14:34 Lyon, “Agile Museography : how a City Museum can follow the Urban Mouvement ?”, Xavier de la Selle (12’+1’ to change presentation)
How could the museum depart from the chronological exhibition, which was too much linear, without giving up the narrative approach? If city museum are museum of the city includind present time, how far can the narrative go in the time?
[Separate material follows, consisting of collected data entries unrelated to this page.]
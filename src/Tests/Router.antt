-- ===== src/Tests/Router.antt =====
-- Runs of the QUIC router over a library of little functions: keys and masks are zeros, and a packet is its own plaintext.
use sni_router.Prelude.{
  ℕ, zero, suc, ◌-◌, ◌≡◌, refl, true, List, [], ◌∷◌, ◌++◌, Option, none, some, length, take, arith,
}
use sni_router.Prelude.Equality.{nat_Key, bytes_Key, bytes_eq}
use sni_router.Prelude.Maps
use sni_router.Prelude.Outcomes.{Bytes, Post, run_steps}
use sni_router.CidRoutes
use sni_router.Net.{SocketAddr, v4}
use sni_router.Quic.Decrypt.{Ring, decrypt_initial_packet_with_dcid}
use sni_router.Quic.Decrypt.Safety.{IsRing, decrypt_initial_packet_with_dcid-Post}
use sni_router.Routing.{accept, Rule}
use sni_router.Routing.Http3.{Backend, udp}
use sni_router.Net.Laws.{addr_Key}
use sni_router.Prelude.Equality.{pair_Key}
use sni_router.Router.Client.Routed.{Treated, handle_datagram-routed}
use sni_router.Prelude.Outcomes.{ok}
use sni_router.Router.Invariant.Timeout.{waiting_on}
use sni_router.Router.{
  Connection, PendingKey, Library, World, default_limits, Config, Router, Output, new, missing,
  sni_seen, to_backend, to_client, expired,
}
use sni_router.Router.Action.{Ends, resume, attempt}
use sni_router.Router.Cleanup.{
  cleanup, unroute_all, forget, forget_all, expired_ids, retain_pending, cleanup_pending,
  forget_lb_paths, minimum,
}
use sni_router.Router.Client.{handle_datagram, handle_unrouted_client_datagram}
use sni_router.Router.Reply.{
  send_to_client, forward_established_backend_datagram, handle_backend_datagram,
}
use sni_router.Router.Establish.{
  claimed_cids, requested_cids, route_all, register, flush, establish_and_flush, add_cids,
}
use sni_router.Router.Forward.{add_cid_route, send}
use sni_router.Router.Lookup.{
  lb_server, lb_backend, match_short_header_route, packet_connection_id, remove_pending, record_sni,
}
use sni_router.Prelude.Sets.{filter, any, insert_each}
use sni_router.Quic.LongHeader.{parse_long_packet_cids}
use sni_router.Quic.InitialHeader.{parse_initial_header}
use sni_router.Quic.Varint.{read_varint, read_varint_at}
use sni_router.Quic.Frames.{read_crypto_frames}
use sni_router.Quic.Reassembly.{clienthello, insert}
use sni_router.Quic.Reassembly.Stream.{insert_all}
use sni_router.Pending
use sni_router.Pending.{push_datagram}
use sni_router.Sni.Http3.{extract_tls_sni}
use sni_router.Routing.Http3.{min_timeout, route_for_sni}
use sni_router.Routing.{acl_action}
use sni_router.CidRoutes.{match_prefix, get, remove}
use sni_router.Net.{addr_eq, normalize_socket_addr, send_addr_for_socket}
use sni_router.Quic.Decrypt.{packet_nonce}
use sni_router.Router.Cleanup.Safety.{swept, cleanup-Ends}
use sni_router.Router.Invariant.{holds, Inv}
use sni_router.Router.Mainloop.{Event, client, backend, hangup, tick, start, handle, mainloop}
use sni_router.Router.Mainloop.Safety.{start-Inv, mainloop-Inv, mainloop-get}

abbrev zeros : ℕ → Bytes
zeros zero = []
zeros (suc n) = 0 ∷ zeros n

length-zeros : (n : ℕ) → length (zeros n) ≡ n
length-zeros zero = refl
length-zeros (suc n) = omega (arith, length-zeros n)

abbrev clear_ring : Ring
clear_ring = record {
  OpeningKey = Unit {0};
  HeaderKey = Unit {0};
  extract = λ salt key. key;
  expand = λ secret info len. some (zeros len);
  opening_key = λ key. some tt;
  header_key = λ key. some tt;
  new_mask = λ hp sample. some (zeros 5);
  open_in_place = λ key nonce aad sealed. some (take (length sealed - 16) sealed);
}

expanded : (len : ℕ) (out : Bytes) → some (zeros len) ≡ some out → length out ≡ len
expanded len out e = let f : zeros len ≡ out = cc in rw f at (length-zeros len)

clear_ring-IsRing : IsRing clear_ring
clear_ring-IsRing = record {
  expand_length = λ secret info len out e. expanded len out e;
  mask_length = λ hp sample mask e. expanded 5 mask e;
}

abbrev little : Library
little = record {
  Regex = Unit {0};
  Net = Unit {0};
  Text = Bytes;
  Cipher = ℕ;
  is_match = λ re name. true;
  contains = λ net ip. true;
  from_utf8_lossy = λ bytes. bytes;
  text_len = λ text. length text;
  text_key = bytes_Key;
  encrypt_block = λ key block. block;
  decrypt_block = λ key block. block;
  ring = clear_ring;
}

abbrev server : SocketAddr
server = v4 0xc0000202 443

abbrev peer : SocketAddr
peer = v4 0xc0000201 5000

abbrev everything : Rule (Unit {0}) (Unit {0}) Backend
everything = record {
  re = tt;
  backend = udp server;
  acl = record { rules = []; default_action = accept };
  timeout = none;
}

abbrev one_server : Config little
one_server = record {
  quic_lb = [];
  routing = record {
    max_lifetime = none;
    handshake_timeout = none;
    rules = [];
    default = everything;
  };
}

-- Every socket works.
abbrev fair : ℕ → World
fair now = record {
  now = now;
  takes = λ id packet. true;
  connects = λ addr. true;
  listener = v4 0 443;
  listener_takes = λ packet. true;
}

-- A ClientHello without extensions.
abbrev hello : Bytes
hello = 1 ∷ 0 ∷ 0 ∷ 41 ∷ (zeros 34 ++ 0 ∷ 0 ∷ 2 ∷ 0 ∷ 0 ∷ 1 ∷ 0 ∷ [])

-- An Initial packet from connection ID 9 to 8, with the hello in a CRYPTO frame and a tag of zeros.
abbrev initial : Bytes
initial =
    0xc0 ∷ 0 ∷ 0 ∷ 0 ∷ 1 ∷ 1 ∷ 8 ∷ 1 ∷ 9 ∷ 0 ∷ 0x40 ∷ 65 ∷ 0 ∷ 6 ∷ 0 ∷ 45 ∷ (hello ++ zeros 16)

-- The path opens, the server answers it, and half a minute later it is swept.
abbrev events : List (Event little)
events =
    client (fair 100) peer initial
    ∷ backend (fair 200) 0 (64 ∷ 9 ∷ [])
    ∷ hangup none
    ∷ tick (fair 40000)
    ∷ []

abbrev at_start : Router little
at_start = start one_server 30000 default_limits

mainloop-Inv_example : (s : Router little) × (mainloop events at_start ≡ some s) × Inv s
mainloop-Inv_example =
    mainloop-Inv clear_ring-IsRing events at_start (start-Inv one_server 30000 default_limits)

mainloop-get_example :
    (s : Router little) × (mainloop events at_start ≡ some s)
    × ((cid : Bytes) (id : ℕ)
        → holds cid (Maps.get id s.connections) ≡ true
        → CidRoutes.get s.cid_routes cid ≡ some id)
    × ((cid : Bytes) (id : ℕ)
        → CidRoutes.get s.cid_routes cid ≡ some id
        → holds cid (Maps.get id s.connections) ≡ true)
mainloop-get_example = mainloop-get clear_ring-IsRing one_server 30000 default_limits events

-- After the first of them.
opened :
    (s : Router little) × (mainloop (client (fair 100) peer initial ∷ []) at_start ≡ some s) × Inv s
opened =
    mainloop-Inv clear_ring-IsRing (client (fair 100) peer initial ∷ []) at_start
      (start-Inv one_server 30000 default_limits)

cleanup-Ends_example :
    Ends Inv
      (λ _ s.
        ((id : ℕ)
          → Maps.get id s.connections
            ≡ swept 40000 opened.0.idle_timeout (Maps.get id opened.0.connections))
        × ((key : PendingKey)
            → Maps.get key s.pending
              ≡ waiting_on 40000
                  (minimum opened.0.config.routing.handshake_timeout opened.0.idle_timeout)
                  (Maps.get key opened.0.pending)))
      (cleanup (fair 40000) opened.0)
cleanup-Ends_example = cleanup-Ends (fair 40000) opened.0 opened.2

-- A path that holds the connection ID 9.
abbrev one_conn : Connection Bytes
one_conn = record {
  backend_addr = server;
  client_addr = peer;
  initial_key_dcid = 8 ∷ [];
  cids = (9 ∷ []) ∷ [];
  created = 100;
  last_seen = 100;
  deadline = none;
  sni = none;
}

abbrev one_path : Router little
one_path = record at_start {
  next_connection_id = 1;
  connections = (0, one_conn) ∷ [];
  cid_routes = record { by_length = (1, (9 ∷ [], 0) ∷ []) ∷ [] };
}

one_path-found : packet_connection_id one_path (64 ∷ 9 ∷ []) ≡ ok (none, some 0)
unfolding run_steps packet_connection_id parse_long_packet_cids match_short_header_route
    match_prefix Maps.get bytes_eq start new
one_path-found = refl

one_path-get : Maps.get 0 one_path.connections ≡ some one_conn
unfolding Maps.get
one_path-get = refl

handle_datagram-routed_example :
    Treated
      (fair 200)
      peer
      (64 ∷ 9 ∷ [])
      none
      0
      one_conn
      one_path
      (handle_datagram (fair 200) peer (64 ∷ 9 ∷ []) one_path)
handle_datagram-routed_example =
    handle_datagram-routed (fair 200) peer 64 (9 ∷ []) none 0 one_conn one_path one_path-found refl
      one_path-get

decrypt_initial_packet_with_dcid-Post_example :
    Post (λ _. Unit {0}) (decrypt_initial_packet_with_dcid clear_ring initial none)
decrypt_initial_packet_with_dcid-Post_example =
    decrypt_initial_packet_with_dcid-Post clear_ring clear_ring-IsRing initial none

abbrev log_of : Option (Router little) → List (Output Bytes)
log_of none = []
log_of (some r) = r.log

mainloop-runs :
    log_of (mainloop events at_start)
    ≡ sni_seen missing ∷ to_backend 0 initial ∷ to_client peer (64 ∷ 9 ∷ []) ∷ []
unfolding run_steps start new handle mainloop handle_datagram handle_unrouted_client_datagram
    handle_backend_datagram forward_established_backend_datagram send_to_client cleanup unroute_all
    forget forget_all expired_ids retain_pending cleanup_pending forget_lb_paths minimum resume
    attempt packet_connection_id match_short_header_route parse_long_packet_cids Maps.get Maps.put
    Maps.delete claimed_cids requested_cids route_all register flush establish_and_flush add_cids
    add_cid_route send lb_server lb_backend remove_pending record_sni filter any insert_each
    parse_initial_header read_varint read_crypto_frames clienthello insert insert_all Pending.new
    push_datagram extract_tls_sni route_for_sni acl_action match_prefix CidRoutes.get
    CidRoutes.insert CidRoutes.remove normalize_socket_addr send_addr_for_socket packet_nonce
    decrypt_initial_packet_with_dcid expired bytes_eq addr_eq read_varint_at min_timeout
mainloop-runs = refl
14:47 Bordeaux, “Bordeaux, an attractive city”, Laurent Védrine (12’+1’ to change presentation)
Bordeaux splendor is linked to the involvement of the Port in the Atlantic slave trade in the 18th century. How can a history museum present a contrasting and up-to-date city story allowing it to be attractive to its inhabitants and the tourist public?

15:00 Debate (30’)

15:30-16:00 COFFEE BREAK

2. MUSEUMS SHAPING THE CITY AND THE CITY IMAGE

16:00 Liverpool, “Community Stories, Changing Places, Cultural Connections: Pembroke Place, Liverpool”, Liz Stewart (12’+1’ to change presentation)
Very diverse people called Pembroke Place ‘home’ in the late 19th century: one geographical area reveals a plethora of stories which reflect the city’s history. A range of approaches were brought together to reveal more about the history of the area.

16:13 Lisboa, “Departures: from Nostalgia to Modernity. The Silent Paths of Urban Motions in a City Museum Picture. The Case Study of Museum of Lisbon’s Arthur May Painting, Mario Nascimento (12’+1’ to change presentation)
An approach to both the collection and the city heritage, having for case study a painting from the long-term exhibition. With the two dimensions of the painting: as an historical document and as a contemporary artkwork.

16:26 London, “The City as the Largest Open-Air Museum? Re-enactment, Juxtaposition and Narration of Heritage Buses in Urban Space”, Kevin Ka-Hin Tsang (12’+1’ to change presentation)
Under the idea of the city as potentially the largest open air museum, this paper explores the occasion of the London Tube Strike heritage bus replacement services run by vehicles from the transport museum or private collectors.

16:39 Debate (38’)

17:17 Some conclusions and proposals, Joan Roca i Albert (13’)

17:30 Good bye! (or a beer or wine together sometimes during the conference!)